Parameter self-tuning speed controller for permanent magnet synchronous motor based on neural network

技术领域technical field

本发明属于永磁同步电机控制技术领域，具体涉及一种基于神经网络的永磁同步电机参数自整定速度控制器。The invention belongs to the technical field of permanent magnet synchronous motor control, in particular to a neural network-based permanent magnet synchronous motor parameter self-tuning speed controller.

背景技术Background technique

在永磁同步电机调速系统中，通常要求电机具有良好的动态、稳态特性及抗扰性。传统的PID控制器因其易于实现的特点在永磁同步电机驱动系统中得到了普遍的应用，其控制性能在多数条件下可以满足要求。PID控制器的输出由误差、误差累积以及误差变化率三个部分加权组成，其参数的整定和优化很大程序上依靠工程师的经验；另一方面，环境因素包括电机参数的变化会在相当程度上影响传统定参数PID控制器的控制性能。In the permanent magnet synchronous motor speed control system, the motor is usually required to have good dynamic and steady-state characteristics and anti-interference. The traditional PID controller has been widely used in the permanent magnet synchronous motor drive system because of its easy-to-implement feature, and its control performance can meet the requirements under most conditions. The output of the PID controller is composed of three weighted parts: error, error accumulation, and error change rate.
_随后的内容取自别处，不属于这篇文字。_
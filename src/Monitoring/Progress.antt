-- ===== src/Monitoring/Progress.antt =====
-- `SyncProgress`: what a synchronization publishes of its progress. A failed write of the payload is
-- swallowed, so a call is one step on the counters, and its result is the payload.
use invoice_hub.Prelude.Text.{or_else}
use invoice_hub.Prelude.Int.{negsuc, pos, ℤ}
use invoice_hub.Prelude.{
  List, Option, String, [], arith, if◌then◌else◌, max, min, none, some, ℕ, ◌==◌, ◌∷◌, ◌≡◌, ◌≤◌, ◌⊎◌,
}

pub data Status : Type 0 where
  running success failed : Status

pub record SyncProgress : Type 0 where
  pub operation_id : String
  pub task_id : String
  pub target_id : String
  pub trigger : String
  pub started_at : String
  pub percent : ℕ
  pub processed_count : ℕ
  pub total_count : ℕ

-- The payload: `finished_at` is `none` while the operation runs.
pub record ProgressPayload : Type 0 where
  pub operation_id : String
  pub task_id : String
  pub target_id : String
  pub trigger : String
  pub status : Status
  pub phase : String
  pub message : String
  pub percent : ℕ
  pub processed_count : ℕ
  pub total_count : ℕ
  pub started_at : String
  pub updated_at : String
  pub error : String
  pub finished_at : Option String

-- `SyncProgress.__init__`
unfoldable pub new_progress : String → String → String → String → String → SyncProgress
new_progress operation_id task_id target_id trigger now = record {
  operation_id = operation_id;
  task_id = task_id;
  target_id = target_id;
  trigger = or_else trigger "sync";
  started_at = now;
  percent = 0;
  processed_count = 0;
  total_count = 0;
}

-- `_count`
abbrev pub count : ℤ → ℕ
count (pos n) = n
count (negsuc n) = 0

-- The keyword arguments of `_publish`.
pub record Publication : Type 0 where
  pub status : Status
  pub phase : String
  pub message : String
  pub percent : ℤ
  pub processed_count : Option ℤ
  pub total_count : Option ℤ
  pub error : String

-- `n` where nothing is given
abbrev pub counted_or : Option ℤ → ℕ → ℕ
counted_or none n = n
counted_or (some z) n = count z

-- The counters after `_publish`.
unfoldable pub advance : Publication → SyncProgress → SyncProgress
advance p s =
    let total = counted_or p.total_count s.total_count in
    let processed = counted_or p.processed_count s.processed_count in
    record s {
      percent = max s.percent (min 100 (count p.percent));
      processed_count = if total == 0 then processed else min processed total;
      total_count = total;
    }

abbrev pub finish_time : Status → String → Option String
finish_time running now = none
finish_time success now = some now
finish_time failed now = some now

unfoldable pub payload_of : String → Publication → SyncProgress → ProgressPayload
payload_of now p s = record {
  operation_id = s.operation_id;
  task_id = s.task_id;
  target_id = s.target_id;
  trigger = s.trigger;
  status = p.status;
  phase = p.phase;
  message = p.message;
  percent = s.percent;
  processed_count = s.processed_count;
  total_count = s.total_count;
  started_at = s.started_at;
  updated_at = now;
  error = p.error;
  finished_at = finish_time p.status now;
}

-- `_publish`
unfoldable pub publish : String → Publication → SyncProgress → SyncProgress × ProgressPayload
publish now p s = let advanced = advance p s in (advanced, payload_of now p advanced)

-- The calls that a synchronization makes: `start`, `report`, `complete`, `fail`.
pub data Call : Type 0 where
  start : String → Call
  report : String → String → ℤ → Option ℤ → Option ℤ → Call
  complete fail : String → Call

unfoldable pub publication : Call → SyncProgress → Publication
publication (start message) s = record {
  status = running;
  phase = "preparing";
  message = message;
  percent = pos 0;
  processed_count = none;
  total_count = none;
  error = "";
}
publication (report phase message percent processed total) s = record {
  status = running;
  phase = phase;
  message = message;
  percent = percent;
  processed_count = processed;
  total_count = total;
  error = "";
}
publication (complete message) s = record {
  status = success;
  phase = "complete";
  message = message;
  percent = pos 100;
  processed_count = none;
  total_count = none;
  error = "";
}
publication (fail message) s = record {
  status = failed;
  phase = "failed";
  message = "汇总失败";
  percent = pos s.percent;
  processed_count = none;
  total_count = none;
  error = message;
}

-- The payloads that a sequence of calls publishes, at the times given.
unfoldable pub published : List (String × Call) → SyncProgress → List ProgressPayload
published [] s = []
published ((now, c) ∷ calls) s =
    let r = publish now (publication c s) s in r.1 ∷ published calls r.0

-- From `least` on the percentages never fall, none exceeds 100, and no payload counts more files
-- than its total.
abbrev pub IsSteady : ℕ → List ProgressPayload → Type 0
IsSteady least [] = Unit {0}
IsSteady least (p ∷ ps) =
    (least ≤ p.percent)
    × (p.percent ≤ 100)
    × ((p.total_count ≡ 0) ⊎ (p.processed_count ≤ p.total_count))
    × IsSteady p.percent ps

advance_lem :
    (p : Publication) (s : SyncProgress)
    → s.percent ≤ 100
    → let a = advance p s in
      (s.percent ≤ a.percent)
      × (a.percent ≤ 100)
      × ((a.total_count ≡ 0) ⊎ (a.processed_count ≤ a.total_count))
unfolding advance
advance_lem p s h = (ground arith, ground arith, ground arith)

-- Whatever a synchronization reports, in whatever order, the bar that it publishes never moves back,
-- stays within 100, and shows no more files done than there are, where their number is known.
pub published-IsSteady :
    (calls : List (String × Call)) (s : SyncProgress)
    → s.percent ≤ 100
    → IsSteady s.percent (published calls s)
unfolding published publish payload_of
published-IsSteady [] s h = tt
published-IsSteady ((now, c) ∷ calls) s h =
    let a = advance (publication c s) s in
    let (rises, bounded, counted) = advance_lem (publication c s) s h in
    (rises, bounded, counted, published-IsSteady calls a bounded)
The setting and optimization of its parameters largely rely on the experience of engineers; It affects the control performance of the traditional fixed parameter PID controller.

基于神经网络的控制是一种非线性的控制方案，其输出为输入的加权处理，并根据相应规则实时修正权重以得到更合适的输出结果。使用梯度下降法训练神经网络及更新神经网络权重，其工作原理为：以速度跟踪偏差的平方值为性能指标，按该性能指标相对某权重的负梯度方向为搜索方向，设置学习率来调节更新与训练的强度。相比于PID控制，神经网络控制器对环境变化具有良好的适应性，且参数不需要太多人为干扰，更具有智能性。The control based on neural network is a nonlinear control scheme, its output is the weighted processing of the input, and the weight is corrected in real time according to the corresponding rules to obtain a more suitable output result. Use the gradient descent method to train the neural network and update the weight of the neural network. Its working principle is: the square of the speed tracking deviation is the performance index, and the negative gradient direction of the performance index relative to a certain weight is the search direction, and the learning rate is set to adjust the update. and training intensity. Compared with PID control, the neural network controller has good adaptability to environmental changes, and the parameters do not require too much human interference, and are more intelligent.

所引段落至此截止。